You know theirs a quest just in that material...

Anyhow in the hands of a Sunite. (aka Brystasia)
Keen Aurorum Flaming Burst Elven Thinblade +5 (total) that also gives an enchantment Bonus +6 to Charisma.


----------



## Dalamar (Mar 3, 2004)

I'll be spending that cash to update my Gloves of Dexterity to Epic status (I think we have enough cash). Increased Initiative, AC and Attacks, not to mention Hide, MS, Sleight of Hand and Tumble


----------



## Wrahn (Mar 3, 2004)

I am unsure how much money you all have but I do know that epic items are EXPENSIVE.

Case in point, Gloves of Dexterity +6 being upgraded to Gloves of Epic Dexterity +8 costs 640,000 (bonus squared x1000 (base forumula) x10 (for epic item)) - 36,000 (for the Gloves of dexterity) = 604,000 and requires 60 days to make.  It also requires an epic spell caster with the craft epic wondrous item epic feat.


----------



## Brother Shatterstone (Mar 3, 2004)

Wrahn said:
			
		

> I am unsure how much money you all have but I do know that epic items are EXPENSIVE.



Indeed they are and from what I've been told your money will be enough of an increase to give you the normal money for a 21 level character, with maybe a tad more to spend as we lost GE.




			
				Wrahn said:
			
		

> 604,000 and requires 60 days to make.




Wrahn are you sure about the number of days needed?  My sword needs like a 150 days or something like that...  Maybe my math is wrong, it is 1,000 a day right?


----------



## Wrahn (Mar 3, 2004)

Brother Shatterstone said:
			
		

> Wrahn are you sure about the number of days needed?  My sword needs like a 150 days or something like that...  Maybe my math is wrong, it is 1,000 a day right?




Epic items are made at the rate of 10,000gps a day (to the best of my recollection).  Otherwise it would take a loooong time to make some of the items (time numbering in decades).  There is an epic prestige class that makes items even faster on WotC's site though.


----------



## Brother Shatterstone (Mar 3, 2004)

Wrahn said:
			
		

> Epic items are made at the rate of 10,000gps a day (to the best of my recollection).

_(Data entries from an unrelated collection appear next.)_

-- ===== src/EcsTask/Manager/Laws.antt =====
-- The methods of the manager that read: the definitions of a family come from all pages, and in the
-- order of their revisions.
use community_aws.Base.{
  ℕ, zero, suc, ◌≤◌, String, ◌≡◌, refl, inl, inr, Option, none, some, List, [], ◌∷◌, ◌++◌, arith,
  leb, Bool-cases, string_eq, nat_eq, bool_eq, option_eq, ok,
}
use mathlib.Core.List.{Perm, append_assoc}
use mathlib.Core.List.Perm
use community_aws.Base.Run.{done, ◌>>=◌}
use community_aws.EcsTask.Match.{TaskDef}
use community_aws.EcsTask.Register.{non_empty}
use community_aws.EcsTask.Manager.{
  arn, Ecs, fetch, describe_each, describe_task_definitions, insert_by_revision, sorted_by_revision,
}

-- the revisions ascend, from one on
abbrev Ascending : ℕ → List TaskDef → Type 0
Ascending n [] = Unit
Ascending n (td ∷ l) = (n ≤ td.revision) × Ascending td.revision l

insert-Ascending :
    (n : ℕ) (td : TaskDef) (l : List TaskDef)
    → n ≤ td.revision
    → Ascending n l
    → Ascending n (insert_by_revision td l)
unfolding insert_by_revision
insert-Ascending n td [] h a = (h, tt)
insert-Ascending n td (x ∷ l) h a = elim (Bool-cases (leb td.revision x.revision)) [
  | inl before ↦ rw before (h, (ground (arith, before), a.1))
  | inr behind ↦ rw behind (a.0, insert-Ascending x.revision td l (ground (arith, behind)) a.1)
]

-- the list is in the order of the revisions
abbrev pub IsSorted : List TaskDef → Type 0
IsSorted l = Ascending 0 l

sorted_by_revision-IsSorted : (l : List TaskDef) → IsSorted (sorted_by_revision l)
unfolding sorted_by_revision
sorted_by_revision-IsSorted [] = tt
sorted_by_revision-IsSorted (td ∷ l) =
    insert-Ascending 0 td (sorted_by_revision l) (omega arith) (sorted_by_revision-IsSorted l)

insert-Perm : (td : TaskDef) (l : List TaskDef) → Perm (td ∷ l) (insert_by_revision td l)
unfolding insert_by_revision
insert-Perm td [] = Perm.refl (td ∷ [])
insert-Perm td (x ∷ l) = elim (Bool-cases (leb td.revision x.revision)) [
  | inl before ↦ rw before (Perm.refl (td ∷ x ∷ l))
  | inr behind ↦ rw behind (Perm.trans (Perm.swap x td l) (Perm.cons x (insert-Perm td l)))
]

sorted_by_revision-Perm : (l : List TaskDef) → Perm l (sorted_by_revision l)
unfolding sorted_by_revision
sorted_by_revision-Perm [] = Perm.refl []
sorted_by_revision-Perm (td ∷ l) =
    Perm.trans (Perm.cons td (sorted_by_revision-Perm l)) (insert-Perm td (sorted_by_revision l))

module _ (c : Ecs) (family : String) (w : c.World) where
  -- what the service lists from a token on, in a number of pages
  pub data Listed : ℕ → Option String → List String → Type 0 where
    last_page :
        {token : Option String} {arns : List String}
        → c.list_task_definitions family (non_empty token) w ≡ ok (arns, none)
        → Listed 1 token arns
    page :
        {n : ℕ} {token : Option String} {next : String} {arns rest : List String}
        → c.list_task_definitions family (non_empty token) w ≡ ok (arns, some next)
        → Listed n (some next) rest
        → Listed (suc n) token (arns ++ rest)

  -- the service describes each of the ARNs
  abbrev pub Described : List String → List TaskDef → Type 0
  Described [] [] = Unit
  Described (a ∷ arns) (td ∷ tds) =
      (c.describe_task_definition (arn a) w ≡ ok td) × Described arns tds
  Described _ _ = ⊥

  fetch-Listed :
      (pages n : ℕ) (token : Option String) (before arns : List String)
      → n ≤ pages
      → Listed n token arns
      → fetch c pages family before token w ≡ done (before ++ arns, w)
  unfolding fetch
  fetch-Listed zero _ token before arns h (last_page answer) = absurd (omega (arith, h))
  fetch-Listed zero _ token before _ h (page answer l) = absurd (omega (arith, h))
  fetch-Listed (suc pages) _ token before arns h (last_page answer) = rw (answer, ◌>>=◌) refl
  fetch-Listed (suc pages) _ token before _ h
        (page {n = n} {next = next} {arns = arns} {rest = rest} answer l) =
      rw
        (answer, ◌>>=◌, fetch-Listed pages n (some next) (before ++ arns) rest (omega (arith, h)) l)
        (rw append_assoc refl)

  describe_each-Described :
      (arns : List String) (tds : List TaskDef)
      → Described arns tds
      → describe_each c arns w ≡ done (tds, w)
  unfolding describe_each
  describe_each-Described [] [] d = refl
  describe_each-Described (a ∷ arns) [] d = absurd d
  describe_each-Described [] (td ∷ tds) d = absurd d
  describe_each-Described (a ∷ arns) (td ∷ tds) (got, d) =
      rw (got, ◌>>=◌, describe_each-Described arns tds d, ◌>>=◌) refl

-- Where the service lists the ARNs of a family in no more pages than may be read, and describes each of
-- them, the definitions of the family are found, whatever the order of the ARNs: they are all the
-- descriptions, in ascending order of their revisions, and the service's state is kept.
pub describe_task_definitions_lem :
    (c : Ecs) (family : String) (pages n : ℕ) (arns : List String) (tds : List TaskDef)
    (w : c.World)
    → Listed c family w n none arns
    → n ≤ pages
    → Described c family w arns tds
    → (l : List TaskDef) × (describe_task_definitions c pages family w ≡ done (l, w))
      × Perm tds l
      × IsSorted l
unfolding describe_task_definitions
describe_task_definitions_lem c family pages n arns tds w listed few described = (
  sorted_by_revision tds,
  rw
      (
        fetch-Listed c family w pages n none [] arns few listed,
        ◌>>=◌,
        describe_each-Described c family w arns tds described,
        ◌>>=◌,
      )
      refl,
  sorted_by_revision-Perm tds,
  sorted_by_revision-IsSorted tds,
)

Does any epic creator make non-epic level items quicker then?


----------



## Wrahn (Mar 3, 2004)

I believe it specifies Epic items, but I could be wrong about that, since I don't have my rules here with me.


----------



## Dalamar (Mar 3, 2004)

Hmm... Maybe I should sometimes check stuff like that before speaking.... I _highly_ doubt that's how much extra cash I have laying around.


----------



## Brother Shatterstone (Mar 3, 2004)

Wrahn said:
			
		

> I believe it specifies Epic items, but I could be wrong about that, since I don't have my rules here with me.

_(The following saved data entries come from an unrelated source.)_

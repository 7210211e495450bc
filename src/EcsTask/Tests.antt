-- ===== src/EcsTask/Tests.antt =====
-- Two dictionaries that match, and the definitions of a family on two pages.
use community_aws.Base.{
  ℕ, String, ◌≡◌, refl, ◌↔◌, true, none, some, List, [], ◌∷◌, arith, if◌then◌else◌, ◌==◌,
  String-discrete, string_eq, nat_eq, bool_eq, option_eq, client_error, ok, err,
}
use community_aws.Base.Int.{pos}
use community_aws.Base.Run.{done}
use community_aws.EcsTask.Values.{Fields}
use community_aws.EcsTask.Match.{TaskDef}
use community_aws.EcsTask.Manager.{arn, family_revision, Ecs, describe_task_definitions}
use community_aws.EcsTask.Values.{
  text, number, list, nil, cons, end, field, lookup, equal, item_in, value_in,
}
use community_aws.EcsTask.Match.{
  right_has_values_of_left, left_agrees, right_agrees, agrees, as_lists, lists_agree, all_in,
}
use community_aws.EcsTask.Match.Laws.{Unique, AgreeAt, right_has_values_of_left_lem}
use community_aws.EcsTask.Manager.Laws.{last_page, page, IsSorted, describe_task_definitions_lem}
use mathlib.Core.List.{Perm}

abbrev first : Fields
first = field "name" (text "app") (field "links" (list (cons (text "a") (cons (text "b") nil))) end)

abbrev second : Fields
second =
    field "cpu" (number (pos 0))
      (field "links" (list (cons (text "b") (cons (text "a") nil))) (field "name" (text "app") end))

first-Unique : Unique first
unfolding lookup String-discrete
first-Unique = (refl, (refl, tt))

second-Unique : Unique second
unfolding lookup String-discrete
second-Unique = (refl, (refl, (refl, tt)))

right_has_values_of_left_lem_example :
    (right_has_values_of_left first second ≡ ok true)
    ↔ ((k : String) → AgreeAt (lookup k first) (lookup k second))
right_has_values_of_left_lem_example =
    right_has_values_of_left_lem first second first-Unique second-Unique

they_agree : right_has_values_of_left first second ≡ ok true
unfolding right_has_values_of_left left_agrees right_agrees agrees as_lists lists_agree all_in
    lookup equal item_in value_in String-discrete
they_agree = refl

abbrev one : TaskDef
one = record {
  task_definition_arn = "arn-1";
  revision = 1;
  status = "ACTIVE";
  task_role_arn = none;
  volumes = [];
  container_definitions = first ∷ [];
}

abbrev two : TaskDef
two = record one { task_definition_arn = "arn-2"; revision = 2 }

-- two pages, the later revision on the first
abbrev paged : Ecs
paged = record {
  World = ℕ;
  list_task_definitions = λ family token w. elim token [
    | none ↦ ok ("arn-2" ∷ [], some "next")
    | some t ↦ ok ("arn-1" ∷ [], none)
  ];
  describe_task_definition = λ name w. elim name [
    | arn a ↦ if a == "arn-1" then ok one else ok two
    | family_revision f r ↦ err (client_error "unknown")
  ];
  register_task_definition = λ r w. err (client_error "limit");
  deregister_task_definition = λ name w. ok w;
}

describe_task_definitions_lem_example :
    (l : List TaskDef) × (describe_task_definitions paged 3 "web" 0 ≡ done (l, 0))
    × Perm (two ∷ one ∷ []) l
    × IsSorted l
unfolding String-discrete
describe_task_definitions_lem_example =
    describe_task_definitions_lem paged "web" 3 2 ("arn-2" ∷ "arn-1" ∷ []) (two ∷ one ∷ []) 0
      (page {n = 1} {token = none} {next = "next"} {arns = "arn-2" ∷ []} {rest = "arn-1" ∷ []} refl
        (last_page refl))
      (omega arith) (refl, (refl, tt))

It just seems strange that the above can be crafted in a day but my sword will take nearly half a year. (154 days if I remember correctly)


----------



## Brother Shatterstone (Mar 3, 2004)

*Is this fair*



			
				Dalamar said:
			
		

> Hmm... Maybe I should sometimes check stuff like that before speaking.... I _highly_ doubt that's how much extra cash I have laying around.



Yeah I doubt that also...  but it does bring up a good point.  We do need to discuses the magic items and making sure everyone gets their fair share.

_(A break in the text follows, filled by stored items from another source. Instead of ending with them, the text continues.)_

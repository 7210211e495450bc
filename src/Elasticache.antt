-- ===== src/Elasticache.antt =====
-- plugins/modules/elasticache.py: the class ElastiCacheManager, which creates, changes, deletes and
-- reboots a cache cluster, and waits for its status. `Closed`, `Coherent`, `Ends`, `Reached` and
-- `Limits` have the proofs.
pub mod Client
pub mod Compare
pub mod Status
pub mod Actions
pub mod Main
pub mod Coherent
pub mod Reached
pub mod Limits
mod Tests
pub mod Closed
pub mod Ends
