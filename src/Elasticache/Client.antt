-- ===== src/Elasticache/Client.antt =====
-- The calls of ElastiCache for the one cluster that the module is about, the parameters of the module
-- and the state of the manager.
use community_aws.Base.{ℕ, String, ◌⊎◌, Bool, Option, List, string_eq, nat_eq, bool_eq, option_eq}
use community_aws.Base.Int.{ℤ}

pub record Node : Type 0 where
  pub cache_node_id : String
  -- the port of the endpoint, which a node may not have yet
  pub port : Option ℕ

-- what the service describes
pub record Cluster : Type 0 where
  pub cache_cluster_status : String
  pub num_cache_nodes : ℕ
  pub cache_node_type : String
  pub engine : String
  pub engine_version : String
  -- the port of the configuration endpoint
  pub configuration_port : Option ℕ
  pub preferred_availability_zone : String
  pub cache_nodes : List Node
  -- the names and the IDs of the groups
  pub cache_security_groups : List String
  pub security_groups : List String

pub record Params : Type 0 where
  pub name : String
  pub engine : String
  pub cache_engine_version : String
  pub node_type : String
  pub num_nodes : ℤ
  pub cache_port : Option ℕ
  pub cache_parameter_group : String
  pub cache_subnet_group : String
  pub cache_security_groups : List String
  pub security_group_ids : List String
  pub zone : Option String
  pub wait : Bool
  -- a missing value is false
  pub hard_modify : Bool

pub data ClientError : Type 0 where
  cache_cluster_not_found : ClientError
  other : String → ClientError

-- A call that changes the service returns the message of its error, or the new state.
pub record Service : Type 1 where
  pub World : Type 0
  pub describe_cache_clusters : World → List Cluster ⊎ ClientError
  pub create_cache_cluster : Params → World → World ⊎ String
  -- the cluster of the response
  pub delete_cache_cluster : World → (Cluster × World) ⊎ String
  -- the IDs of the nodes to remove
  pub modify_cache_cluster : List String → Params → World → World ⊎ String
  pub reboot_cache_cluster : List String → World → World ⊎ String
  pub sleep : ℕ → World → World

-- the fields of the manager that change, with the state of the service
pub record Manager (W : Type 0) : Type 0 where
  pub world : W
  pub changed : Bool
  pub data_ : Option Cluster
  pub status : String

Note:  This is totally OOC as my character would not worry about the last coin but someone might so how’s this sound.

Assume that the money hasn't been broke up yet but technically we all get the same amount.

As for how to determine how much one gets we add up all the coins from the auction and the value of the magical items found and then divided by group members. (Minus Wrahn, sorry boss but you have your coins already if theirs an item you want please speak up though.)

Lets use Vilya as an example. She expressed interest in the ring of protection.  We minus the rings cost from the total she would have gotten and those coins are "given" to the others so they would have the hard currency that they should have.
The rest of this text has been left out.